Born in Irbid in the Ottoman Empire on 25 May 1899, Tal completed his elementary education in his hometown, later leaving to complete his high school education in Damascus. His rebellious and stubborn temperament would appear as early as his high school years in Damascus, when he would be exiled several times by the Ottoman authorities for participating in school strikes. In his adulthood, Tal would be imprisoned and exiled several times for democratic activism or for insulting high-ranking officials by the governments of the Arab Kingdom of Syria, and, after its downfall, by the government of the Emirate of Transjordan.

His first job was in Karak, Transjordan, as an Arabic literature teacher. Later Tal would be appointed as Administrative Governor of Wadi Al-Seer and Shoubak in the 1920s. After earning a law degree in 1930, he would hold several positions in the judiciary before being appointed as Chief of Protocol at the Emir's Court. Tal then was laid off from his job and imprisoned for 70 days after an altercation with a Prime Minister serving during that time. This would be the latest in a series of exiles and imprisonments he faced throughout his life. Tal became desperate and his alcoholism worsened, contributing to his death on 24 May 1949.

Tal's relationship with the nomadic Dom (gypsy) community in Transjordan, which are called Nawar in Arabic, influenced much of his poetry, whereas he named his only poetry collection, Ashiyyat Wadi Al-Yabis, in reference to the festive nights he spent with the Nawar and to a Nawari woman he loved. Tal found justice, equality and lack of classism among the Nawari community, which he thought was lacking in Transjordan's cities. He reflected these views in many of his poems, as well as venerating the lands of Jordan, and at other times vehemently criticizing its government's policies. He also wrote poems dedicated to criticizing British policies which supported Zionism in Palestine along with British colonial officers in Transjordan, while other poems he wrote venerated alcohol and were about women.

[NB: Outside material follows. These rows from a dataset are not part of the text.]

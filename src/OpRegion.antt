-- ===== src/OpRegion.antt =====
-- core/opregion.c: the fields of operation regions.
pub mod Buffer
pub mod BufferBits
pub mod BufferRead
pub mod Field
pub mod FieldRead
pub mod FieldLoop
pub mod Merge
pub mod FieldWrite
pub mod Values
pub mod Integers
pub mod RoundTrip
pub mod Bytes
pub mod Perform
pub mod Mapped
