-- ===== src/OpRegion/FieldRead.antt =====
-- core/opregion.c: what `lai_read_field_internal` reads.
use mathlib.Core.Path.{subst}
use native.Mathlib.Decide.{dec_lt}
use lai.Base.{
  ℕ, ◌+◌, ◌-◌, ◌*◌, ◌/◌, ◌%◌, ◌^◌, ◌≤◌, ◌<◌, ◌≡◌, ◌⊎◌, inl, inr, refl, sym, ap, ap₂, ◌∙◌, max,
  bit_and, List, length, ok, arith,
}
use lai.Bits.{bit, bit_and-ones, bit_and-align}
use lai.OpRegion.BufferBits.{buffer_bit, Put, split_at}
use lai.OpRegion.Field.{Device, bit_start, access_bits, first_offset}

-- The access widths at which no shift is undefined.
abbrev pub Width : ℕ → Type 0
Width a = (a ≡ 8) ⊎ (a ≡ 16) ⊎ (a ≡ 32)

-- Masking by the width less one is the remainder.
pub Width-mask : (a x : ℕ) → Width a → bit_and x (a - 1) ≡ x % a
Width-mask a x (inl e) = rw e (bit_and-ones 3 x)
Width-mask a x (inr (inl e)) = rw e (bit_and-ones 4 x)
Width-mask a x (inr (inr e)) = rw e (bit_and-ones 5 x)

-- A device that is a memory of bits: a read of 8, 16 or 32 bits that lie in it gives those bits
-- and changes nothing, a write sets those bits and no other.
pub record IsMemory {S : Type 0} (device : Device S) (region : S → ℕ → ℕ) (limit : ℕ) : Type 0 where
  pub reads :
      (s : S) (size offset : ℕ)
      → Width size
      → 8 * offset + size ≤ limit
      → (v : ℕ) × (device.read_bits s size offset ≡ ok (v, s))
        × ((i : ℕ) → i < size → bit v i ≡ region s (8 * offset + i))
  pub writes :
      (s : S) (size offset v : ℕ)
      → Width size
      → 8 * offset + size ≤ limit
      → (out : S) × (device.write_bits s size offset v ≡ ok out)
        × ((i : ℕ) → i < size → region out (8 * offset + i) ≡ bit v i)
        × ((j : ℕ) → (j < 8 * offset) ⊎ (8 * offset + size ≤ j) → region out j ≡ region s j)

-- Where the access from bit `p` of a field on lies.
pub record Access (a o n p offset : ℕ) : Type 0 where
  pub begins : 8 * offset + bit_start o a p ≡ o + p
  pub some_bits : 0 < access_bits o n a p
  pub few : access_bits o n a p < 64
  pub stops : p + access_bits o n a p ≤ n
  pub within : bit_start o a p + access_bits o n a p ≤ a
  pub follows :
      p + access_bits o n a p < n
      → 8 * (offset + a / 8) ≡ o + (p + access_bits o n a p) - (o + (p + access_bits o n a p)) % a

Access-8 : (o n p offset : ℕ) → p < n → 8 * offset ≡ o + p - (o + p) % 8 → Access 8 o n p offset
Access-8 o n p offset lt e = record {
  begins = omega (arith, Width-mask 8 (o + p) (inl refl));
  some_bits = omega (arith, Width-mask 8 (o + p) (inl refl));
  few = omega (arith, Width-mask 8 (o + p) (inl refl));
  stops = omega arith;
  within = omega (arith, Width-mask 8 (o + p) (inl refl));
  follows = λ more. omega (arith, Width-mask 8 (o + p) (inl refl));
}

Access-16 : (o n p offset : ℕ) → p < n → 8 * offset ≡ o + p - (o + p) % 16 → Access 16 o n p offset
Access-16 o n p offset lt e = record {
  begins = omega (arith, Width-mask 16 (o + p) (inr (inl refl)));
  some_bits = omega (arith, Width-mask 16 (o + p) (inr (inl refl)));
  few = omega (arith, Width-mask 16 (o + p) (inr (inl refl)));
  stops = omega arith;
  within = omega (arith, Width-mask 16 (o + p) (inr (inl refl)));
  follows = λ more. omega (arith, Width-mask 16 (o + p) (inr (inl refl)));
}

Access-32 : (o n p offset : ℕ) → p < n → 8 * offset ≡ o + p - (o + p) % 32 → Access 32 o n p offset
Access-32 o n p offset lt e = record {
  begins = omega (arith, Width-mask 32 (o + p) (inr (inr refl)));
  some_bits = omega (arith, Width-mask 32 (o + p) (inr (inr refl)));
  few = omega (arith, Width-mask 32 (o + p) (inr (inr refl)));
  stops = omega arith;
  within = omega (arith, Width-mask 32 (o + p) (inr (inr refl)));
  follows = λ more. omega (arith, Width-mask 32 (o + p) (inr (inr refl)));
}

pub access_lem :
    (a o n p offset : ℕ)
    → Width a
    → p < n
    → 8 * offset ≡ o + p - (o + p) % a
    → Access a o n p offset
access_lem a o n p offset (inl w) lt e =
    subst (λ (t : ℕ). Access t o n p offset) (sym w)
      (Access-8 o n p offset lt (e ∙ ap (λ (t : ℕ). o + p - (o + p) % t) w))
access_lem a o n p offset (inr (inl w)) lt e =
    subst (λ (t : ℕ). Access t o n p offset) (sym w)
      (Access-16 o n p offset lt (e ∙ ap (λ (t : ℕ). o + p - (o + p) % t) w))
access_lem a o n p offset (inr (inr w)) lt e =
    subst (λ (t : ℕ). Access t o n p offset) (sym w)
      (Access-32 o n p offset lt (e ∙ ap (λ (t : ℕ). o + p - (o + p) % t) w))

-- A buffer whose bits from `p` to `e` have taken those of a source, by `|`.
pub record Filled (buffer out : List ℕ) (source : ℕ → ℕ) (p e : ℕ) : Type 0 where
  pub size : length out ≡ length buffer
  pub inside : (i : ℕ) → p ≤ i → i < e → buffer_bit out i ≡ max (buffer_bit buffer i) (source i)
  pub outside : (j : ℕ) → (j < p) ⊎ (e ≤ j) → buffer_bit out j ≡ buffer_bit buffer j

-- The bits of a value that come from a source, put at `p`.
pub Put-Filled :
    (buffer out : List ℕ) (value p bits : ℕ) (source : ℕ → ℕ)
    → Put buffer out value p 0 bits
    → ((i : ℕ) → i < bits → bit value i ≡ source (p + i))
    → Filled buffer out source p (p + bits)
Put-Filled buffer out value p bits source f g = record {
  size = f.size;
  inside = λ i from below.
      let (k, at) = split_at p i from in
      ap (buffer_bit out) at
      ∙ f.inside k (omega arith) (omega arith)
      ∙ ap₂ max (ap (buffer_bit buffer) (sym at)) (g k (omega arith) ∙ ap source (sym at));
  outside = λ j away. elim away [
    | inl low ↦ f.outside j (inl (omega arith))
    | inr high ↦ f.outside j (inr high)
  ];
}

pub Filled-append :
    (buffer mid out : List ℕ) (source : ℕ → ℕ) (p q e : ℕ)
    → p ≤ q
    → q ≤ e
    → Filled buffer mid source p q
    → Filled mid out source q e
    → Filled buffer out source p e
Filled-append buffer mid out source p q e pq qe f g = record {
  size = g.size ∙ f.size;
  inside = λ i from below. elim (dec_lt i q) [
    | yes early ↦ g.outside i (inl early) ∙ f.inside i from early
    | no late ↦
        g.inside i (omega arith) below
        ∙ ap (λ (t : ℕ). max t (source i)) (f.outside i (inr (omega arith)))
  ];
  outside = λ j away. elim away [
    | inl low ↦ g.outside j (inl (omega arith)) ∙ f.outside j (inl low)
    | inr high ↦ g.outside j (inr high) ∙ f.outside j (inr (omega arith))
  ];
}

-- The first access begins at the width below the field.
pub first_offset_lem : (a o : ℕ) → Width a → o < 2 ^ 64 → 8 * first_offset o a ≡ o + 0 - (o + 0) % a
first_offset_lem a o (inl w) lt = rw w (omega (arith, bit_and-align 3 61 o lt))
first_offset_lem a o (inr (inl w)) lt = rw w (omega (arith, bit_and-align 4 60 o lt))
first_offset_lem a o (inr (inr w)) lt = rw w (omega (arith, bit_and-align 5 59 o lt))
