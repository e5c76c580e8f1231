-- ===== src/OpRegion/FieldLoop.antt =====
-- core/opregion.c: the whole read of a field.
use native.Mathlib.Decide.{dec_lt}
use lai.Base.{
  ℕ, zero, suc, ◌+◌, ◌-◌, ◌*◌, ◌/◌, ◌%◌, ◌^◌, ◌≤◌, ◌<◌, ◌≡◌, refl, ap, ◌∙◌, bit_and, List, length,
  lt→ltb, le→ltb, shr, ok, ◌>>=◌, arith,
}
use lai.Bits.{bit, ones, bit_and-ones, bit-shr, bit-mod}
use lai.OpRegion.BufferBits.{buffer_put_at-Put}
use lai.OpRegion.Field.{
  Device, Field, bit_start, access_bits, shift_ok, read_loop, access_width, read_field_internal,
  first_offset,
}
use lai.OpRegion.FieldRead.{
  Width, IsMemory, access_lem, Filled, Put-Filled, Filled-append, first_offset_lem,
}

pub shift_ok_lem : (bits : ℕ) → bits < 64 → shift_ok bits ≡ ok tt
unfolding shift_ok
shift_ok_lem bits lt = rw (shift_ok, lt→ltb bits 64 lt) refl

-- The bits that an access yields.
pub taken_bits :
    (v start bits i : ℕ) → i < bits → bit (bit_and (shr v start) (ones bits)) i ≡ bit v (start + i)
taken_bits v start bits i lt =
    ap (λ (t : ℕ). bit t i) (bit_and-ones bits (shr v start))
    ∙ bit-mod (shr v start) bits i lt
    ∙ bit-shr v start i

module _ {S : Type 0} (device : Device S) (region : S → ℕ → ℕ) (limit : ℕ)
    (mem : IsMemory device region limit) (field : Field) (a : ℕ) (w : Width a)
    (room : field.fld_offset + field.fld_size + a ≤ limit + 1) where
  abbrev o : ℕ
  o = field.fld_offset

  abbrev n : ℕ
  n = field.fld_size

  read_loop_lem :
      (fuel : ℕ) (s : S) (dest : List ℕ) (offset p : ℕ)
      → p ≤ n
      → n < p + fuel
      → n ≤ 8 * length dest
      → (p < n → 8 * offset ≡ o + p - (o + p) % a)
      → (out : List ℕ) × (read_loop device field a fuel s dest offset p ≡ ok (out, s))
        × Filled dest out (λ j. region s (o + j)) p n
  unfolding read_loop
  read_loop_lem zero s dest offset p le fuel_left fits aligned = absurd (omega arith)
  read_loop_lem (suc fuel) s dest offset p le fuel_left fits aligned = elim (dec_lt p n) [
    | no done ↦ (
      dest,
      rw (read_loop, le→ltb p n (omega arith)) refl,
      record {
        size = refl;
        inside = λ i from below. absurd (omega arith);
        outside = λ j away. refl;
      },
    )
    | yes more ↦
        let acc = access_lem a o n p offset w more (aligned more) in
        let start = bit_start o a p in
        let bits = access_bits o n a p in
        let (v, got, vb) = mem.reads s a offset w (omega (arith, acc.begins)) in
        let value = bit_and (shr v start) (ones bits) in
        let (mid, put, f) = buffer_put_at-Put dest value p bits (omega (arith, acc.stops)) in
        let from_region = λ (i : ℕ) (lt : i < bits).
          taken_bits v start bits i lt
          ∙ vb (start + i) (omega (arith, acc.within))
          ∙ ap (region s) (omega (arith, acc.begins)) in
        let (out, run, g) =
          read_loop_lem fuel s mid (offset + a / 8) (p + bits) acc.stops
            (omega (arith, acc.some_bits)) (omega (arith, f.size)) acc.follows in
        (
          out,
          rw (read_loop, lt→ltb p n more, shift_ok_lem bits acc.few, ◌>>=◌, got, ◌>>=◌, put, ◌>>=◌)
              run,
          Filled-append dest mid out (λ j. region s (o + j)) p (p + bits) n (omega arith) acc.stops
              (Put-Filled dest mid value p bits (λ j. region s (o + j)) f from_region) g,
        )
  ]

  -- For a field accessed by 8, 16 or 32 bits in a region whose device is a memory of bits that
  -- reaches past the last access, and a buffer with room for the bits: lai_read_field_internal
  -- ends without a fault and without a change of the device, the first bits of the buffer become
  -- the or of what they were and the bits of the field, and no other bit of the buffer changes.
  pub read_field_internal-Filled :
      (s : S) (dest : List ℕ)
      → access_width field ≡ ok a
      → o < 2 ^ 64
      → n ≤ 8 * length dest
      → (out : List ℕ) × (read_field_internal device s dest field ≡ ok (out, s))
        × Filled dest out (λ j. region s (o + j)) 0 n
  unfolding read_field_internal
  read_field_internal-Filled s dest width small fits =
      let (out, run, f) =
        read_loop_lem (n + 1) s dest (first_offset o a) 0 (omega arith) (omega arith) fits
          (λ _. first_offset_lem a o w small) in
      (out, rw (read_field_internal, width, ◌>>=◌) run, f)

Tal is Jordan's most celebrated poet. The country's most illustrious literary award is named after him, and his hometown of Irbid holds an annual literary festival in his name. The house where he used to live in Irbid was turned into a museum that welcomes hundreds of visitors annually. He was married four times, two of which ended in divorce. He had ten children. His eldest son Wasfi Tal was Jordan's Prime Minister for several tenures during the late 1960s and early 1970s until his assassination in 1971.

==Biography==
===Early life===
Mustafa Wahbi Tal was born in Irbid, Syria Vilayet, Ottoman Empire on 25 May 1899 to an illiterate father and a mother that was "blasphemously stubborn" according to his friend and biographer Ya'qoub Al-Oudat. He was named Mustafa as namesake of his grandfather and Wahbi was added to his birth name per Ottoman tradition. From a young age, Tal suffered from Rhotacism, a speech impediment characterized in the inability to pronounce 'r' sounds. His family were Sunni Muslims, descended from the Bani Zaydan tribe which migrated from Najd in Arabia to the Levant around the 18th century; his family was called Tal because a member of the tribe, Yousef Abbas, had settled in Amman, next the city's Citadel, which was built on a hill or 'tal' in Arabic. Three decades later they relocated to Irbid and remained there.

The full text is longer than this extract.